STORED DATA START
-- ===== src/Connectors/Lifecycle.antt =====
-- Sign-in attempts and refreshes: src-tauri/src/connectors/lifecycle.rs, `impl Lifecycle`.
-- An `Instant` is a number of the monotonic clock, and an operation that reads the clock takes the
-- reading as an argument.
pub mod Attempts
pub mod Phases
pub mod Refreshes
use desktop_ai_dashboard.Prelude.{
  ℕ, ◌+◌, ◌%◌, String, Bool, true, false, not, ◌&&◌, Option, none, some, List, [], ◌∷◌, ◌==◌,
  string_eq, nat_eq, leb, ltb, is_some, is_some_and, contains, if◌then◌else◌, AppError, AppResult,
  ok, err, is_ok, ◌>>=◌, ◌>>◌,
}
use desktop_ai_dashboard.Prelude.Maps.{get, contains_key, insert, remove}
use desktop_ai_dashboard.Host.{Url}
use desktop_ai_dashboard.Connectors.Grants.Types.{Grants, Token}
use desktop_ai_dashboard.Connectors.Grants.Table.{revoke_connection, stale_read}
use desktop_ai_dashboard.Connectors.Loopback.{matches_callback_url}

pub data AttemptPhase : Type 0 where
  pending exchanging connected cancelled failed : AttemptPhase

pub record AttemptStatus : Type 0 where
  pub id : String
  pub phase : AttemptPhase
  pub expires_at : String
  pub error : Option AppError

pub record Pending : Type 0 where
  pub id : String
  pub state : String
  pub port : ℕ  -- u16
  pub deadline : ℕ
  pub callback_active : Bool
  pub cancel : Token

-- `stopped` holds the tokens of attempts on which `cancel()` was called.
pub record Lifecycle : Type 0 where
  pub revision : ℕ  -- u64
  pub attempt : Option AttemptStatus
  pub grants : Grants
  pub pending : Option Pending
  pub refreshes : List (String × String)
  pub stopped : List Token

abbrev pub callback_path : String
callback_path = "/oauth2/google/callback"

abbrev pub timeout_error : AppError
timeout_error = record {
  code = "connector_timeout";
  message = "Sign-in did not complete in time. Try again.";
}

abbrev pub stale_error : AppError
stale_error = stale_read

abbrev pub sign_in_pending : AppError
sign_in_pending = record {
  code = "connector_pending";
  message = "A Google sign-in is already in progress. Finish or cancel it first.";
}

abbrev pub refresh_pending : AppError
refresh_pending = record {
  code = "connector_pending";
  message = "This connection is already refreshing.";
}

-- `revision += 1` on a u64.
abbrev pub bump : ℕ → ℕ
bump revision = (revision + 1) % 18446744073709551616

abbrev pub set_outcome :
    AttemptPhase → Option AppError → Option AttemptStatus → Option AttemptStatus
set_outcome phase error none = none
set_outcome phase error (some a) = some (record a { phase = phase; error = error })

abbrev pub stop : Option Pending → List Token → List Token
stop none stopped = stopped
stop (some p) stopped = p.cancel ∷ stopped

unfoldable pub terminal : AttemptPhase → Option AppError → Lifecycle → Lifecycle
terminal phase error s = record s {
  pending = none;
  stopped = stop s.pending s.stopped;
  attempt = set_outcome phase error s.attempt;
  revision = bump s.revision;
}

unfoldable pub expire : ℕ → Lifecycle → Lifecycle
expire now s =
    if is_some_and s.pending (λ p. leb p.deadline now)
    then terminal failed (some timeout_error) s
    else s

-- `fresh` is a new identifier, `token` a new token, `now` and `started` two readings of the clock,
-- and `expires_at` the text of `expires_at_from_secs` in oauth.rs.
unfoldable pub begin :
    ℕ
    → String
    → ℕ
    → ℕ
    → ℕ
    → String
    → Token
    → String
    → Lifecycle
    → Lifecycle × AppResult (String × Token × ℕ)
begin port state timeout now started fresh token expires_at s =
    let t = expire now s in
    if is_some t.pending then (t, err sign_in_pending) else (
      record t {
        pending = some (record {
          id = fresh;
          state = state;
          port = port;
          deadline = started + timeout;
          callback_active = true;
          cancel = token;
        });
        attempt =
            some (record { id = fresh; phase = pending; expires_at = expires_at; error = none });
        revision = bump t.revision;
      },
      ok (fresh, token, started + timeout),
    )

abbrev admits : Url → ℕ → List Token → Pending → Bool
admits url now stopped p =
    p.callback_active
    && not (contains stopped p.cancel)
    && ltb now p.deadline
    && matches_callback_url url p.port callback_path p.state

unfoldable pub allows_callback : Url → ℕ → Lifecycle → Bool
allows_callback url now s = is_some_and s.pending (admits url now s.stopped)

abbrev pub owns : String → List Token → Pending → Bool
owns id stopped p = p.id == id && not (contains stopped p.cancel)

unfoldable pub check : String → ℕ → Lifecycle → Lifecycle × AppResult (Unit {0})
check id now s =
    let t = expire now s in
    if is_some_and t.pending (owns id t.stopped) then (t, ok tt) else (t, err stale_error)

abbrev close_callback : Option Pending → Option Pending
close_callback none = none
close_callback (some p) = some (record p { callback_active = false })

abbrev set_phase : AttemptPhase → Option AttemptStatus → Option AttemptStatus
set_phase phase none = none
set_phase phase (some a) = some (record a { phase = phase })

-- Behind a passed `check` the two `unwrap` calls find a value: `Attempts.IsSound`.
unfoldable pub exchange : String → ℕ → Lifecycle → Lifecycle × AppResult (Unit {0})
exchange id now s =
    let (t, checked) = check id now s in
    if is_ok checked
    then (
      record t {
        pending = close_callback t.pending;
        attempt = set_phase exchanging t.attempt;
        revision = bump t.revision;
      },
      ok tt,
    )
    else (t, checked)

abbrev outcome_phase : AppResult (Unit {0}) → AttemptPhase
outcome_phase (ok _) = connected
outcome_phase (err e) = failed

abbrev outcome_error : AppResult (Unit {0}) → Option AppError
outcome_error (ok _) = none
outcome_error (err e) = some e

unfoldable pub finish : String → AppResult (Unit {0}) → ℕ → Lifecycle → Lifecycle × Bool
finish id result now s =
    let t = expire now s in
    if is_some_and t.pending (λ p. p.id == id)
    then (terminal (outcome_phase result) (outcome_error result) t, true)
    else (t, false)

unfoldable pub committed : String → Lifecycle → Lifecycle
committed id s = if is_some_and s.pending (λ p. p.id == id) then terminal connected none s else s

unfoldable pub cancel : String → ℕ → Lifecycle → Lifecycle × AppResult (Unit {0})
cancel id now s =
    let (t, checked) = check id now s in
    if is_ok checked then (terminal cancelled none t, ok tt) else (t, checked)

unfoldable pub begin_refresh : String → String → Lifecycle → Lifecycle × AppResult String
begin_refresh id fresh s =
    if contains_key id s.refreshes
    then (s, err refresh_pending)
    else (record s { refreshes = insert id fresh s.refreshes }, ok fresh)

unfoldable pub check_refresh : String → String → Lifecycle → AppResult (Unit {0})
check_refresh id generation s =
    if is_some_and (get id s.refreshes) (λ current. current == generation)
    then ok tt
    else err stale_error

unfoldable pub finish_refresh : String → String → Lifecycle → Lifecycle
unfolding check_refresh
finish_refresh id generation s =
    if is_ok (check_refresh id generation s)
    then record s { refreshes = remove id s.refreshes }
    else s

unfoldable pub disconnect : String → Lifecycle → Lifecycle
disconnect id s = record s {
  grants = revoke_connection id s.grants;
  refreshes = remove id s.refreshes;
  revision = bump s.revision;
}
STORED DATA END
_PROBLEM DESCRIPTION:_
The data, all of it, should be transcribed exactly.

_EXERCISE ANSWER:_
-- ===== src/Connectors/Lifecycle.antt =====
-- Sign-in attempts and refreshes: src-tauri/src/connectors/lifecycle.rs, `impl Lifecycle`.
-- An `Instant` is a number of the monotonic clock, and an operation that reads the clock takes the
-- reading as an argument.
pub mod Attempts
pub mod Phases
pub mod Refreshes
use desktop_ai_dashboard.Prelude.{
  ℕ, ◌+◌, ◌%◌, String, Bool, true, false, not, ◌&&◌, Option, none, some, List, [], ◌∷◌, ◌==◌,
  string_eq, nat_eq, leb, ltb, is_some, is_some_and, contains, if◌then◌else◌, AppError, AppResult,
  ok, err, is_ok, ◌>>=◌, ◌>>◌,
}
use desktop_ai_dashboard.Prelude.Maps.{get, contains_key, insert, remove}
use desktop_ai_dashboard.Host.{Url}
use desktop_ai_dashboard.Connectors.Grants.Types.{Grants, Token}
use desktop_ai_dashboard.Connectors.Grants.Table.{revoke_connection, stale_read}
use desktop_ai_dashboard.Connectors.Loopback.{matches_callback_url}

pub data AttemptPhase : Type 0 where
  pending exchanging connected cancelled failed : AttemptPhase

pub record AttemptStatus : Type 0 where
  pub id : String
  pub phase : AttemptPhase
  pub expires_at : String
  pub error : Option AppError

pub record Pending : Type 0 where
  pub id : String
  pub state : String
  pub port : ℕ  -- u16
  pub deadline : ℕ
  pub callback_active : Bool
  pub cancel : Token

-- `stopped` holds the tokens of attempts on which `cancel()` was called.
pub record Lifecycle : Type 0 where
  pub revision : ℕ  -- u64
  pub attempt : Option AttemptStatus
  pub grants : Grants
  pub pending : Option Pending
  pub refreshes : List (String × String)
  pub stopped : List Token

abbrev pub callback_path : String
callback_path = "/oauth2/google/callback"

abbrev pub timeout_error : AppError
timeout_error = record {
  code = "connector_timeout";
  message = "Sign-in did not complete in time. Try again.";
}

abbrev pub stale_error : AppError
stale_error = stale_read

abbrev pub sign_in_pending : AppError
sign_in_pending = record {
  code = "connector_pending";
  message = "A Google sign-in is already in progress. Finish or cancel it first.";
}

abbrev pub refresh_pending : AppError
refresh_pending = record {
  code = "connector_pending";
  message = "This connection is already refreshing.";
}

-- `revision += 1` on a u64.
abbrev pub bump : ℕ → ℕ
bump revision = (revision + 1) % 18446744073709551616

abbrev pub set_outcome :
    AttemptPhase → Option AppError → Option AttemptStatus → Option AttemptStatus
set_outcome phase error none = none
set_outcome phase error (some a) = some (record a { phase = phase; error = error })

abbrev pub stop : Option Pending → List Token → List Token
stop none stopped = stopped
stop (some p) stopped = p.cancel ∷ stopped

unfoldable pub terminal : AttemptPhase → Option AppError → Lifecycle → Lifecycle
terminal phase error s = record s {
  pending = none;
  stopped = stop s.pending s.stopped;
  attempt = set_outcome phase error s.attempt;
  revision = bump s.revision;
}

unfoldable pub expire : ℕ → Lifecycle → Lifecycle
expire now s =
    if is_some_and s.pending (λ p. leb p.deadline now)
    then terminal failed (some timeout_error) s
    else s

-- `fresh` is a new identifier, `token` a new token, `now` and `started` two readings of the clock,
-- and `expires_at` the text of `expires_at_from_secs` in oauth.rs.
unfoldable pub begin :
    ℕ
    → String
    → ℕ
    → ℕ
    → ℕ
    → String
    → Token
    → String
    → Lifecycle
    → Lifecycle × AppResult (String × Token × ℕ)
begin port state timeout now started fresh token expires_at s =
    let t = expire now s in
    if is_some t.pending then (t, err sign_in_pending) else (
      record t {
        pending = some (record {
          id = fresh;
          state = state;
          port = port;
          deadline = started + timeout;
          callback_active = true;
          cancel = token;
        });
        attempt =
            some (record { id = fresh; phase = pending; expires_at = expires_at; error = none });
        revision = bump t.revision;
      },
      ok (fresh, token, started + timeout),
    )

abbrev admits : Url → ℕ → List Token → Pending → Bool
admits url now stopped p =
    p.callback_active
    && not (contains stopped p.cancel)
    && ltb now p.deadline
    && matches_callback_url url p.port callback_path p.state

unfoldable pub allows_callback : Url → ℕ → Lifecycle → Bool
allows_callback url now s = is_some_and s.pending (admits url now s.stopped)

abbrev pub owns : String → List Token → Pending → Bool
owns id stopped p = p.id == id && not (contains stopped p.cancel)

unfoldable pub check : String → ℕ → Lifecycle → Lifecycle × AppResult (Unit {0})
check id now s =
    let t = expire now s in
    if is_some_and t.pending (owns id t.stopped) then (t, ok tt) else (t, err stale_error)

abbrev close_callback : Option Pending → Option Pending
close_callback none = none
close_callback (some p) = some (record p { callback_active = false })

abbrev set_phase : AttemptPhase → Option AttemptStatus → Option AttemptStatus
set_phase phase none = none
set_phase phase (some a) = some (record a { phase = phase })

-- Behind a passed `check` the two `unwrap` calls find a value: `Attempts.IsSound`.
unfoldable pub exchange : String → ℕ → Lifecycle → Lifecycle × AppResult (Unit {0})
exchange id now s =
    let (t, checked) = check id now s in
    if is_ok checked
    then (
      record t {
        pending = close_callback t.pending;
        attempt = set_phase exchanging t.attempt;
        revision = bump t.revision;
      },
      ok tt,
    )
    else (t, checked)

abbrev outcome_phase : AppResult (Unit {0}) → AttemptPhase
outcome_phase (ok _) = connected
outcome_phase (err e) = failed

abbrev outcome_error : AppResult (Unit {0}) → Option AppError
outcome_error (ok _) = none
outcome_error (err e) = some e

unfoldable pub finish : String → AppResult (Unit {0}) → ℕ → Lifecycle → Lifecycle × Bool
finish id result now s =
    let t = expire now s in
    if is_some_and t.pending (λ p. p.id == id)
    then (terminal (outcome_phase result) (outcome_error result) t, true)
    else (t, false)

unfoldable pub committed : String → Lifecycle → Lifecycle
committed id s = if is_some_and s.pending (λ p. p.id == id) then terminal connected none s else s

unfoldable pub cancel : String → ℕ → Lifecycle → Lifecycle × AppResult (Unit {0})
cancel id now s =
    let (t, checked) = check id now s in
    if is_ok checked then (terminal cancelled none t, ok tt) else (t, checked)

unfoldable pub begin_refresh : String → String → Lifecycle → Lifecycle × AppResult String
begin_refresh id fresh s =
    if contains_key id s.refreshes
    then (s, err refresh_pending)
    else (record s { refreshes = insert id fresh s.refreshes }, ok fresh)

unfoldable pub check_refresh : String → String → Lifecycle → AppResult (Unit {0})
check_refresh id generation s =
    if is_some_and (get id s.refreshes) (λ current. current == generation)
    then ok tt
    else err stale_error

unfoldable pub finish_refresh : String → String → Lifecycle → Lifecycle
unfolding check_refresh
finish_refresh id generation s =
    if is_ok (check_refresh id generation s)
    then record s { refreshes = remove id s.refreshes }
    else s

unfoldable pub disconnect : String → Lifecycle → Lifecycle
disconnect id s = record s {
  grants = revoke_connection id s.grants;
  refreshes = remove id s.refreshes;
  revision = bump s.revision;
}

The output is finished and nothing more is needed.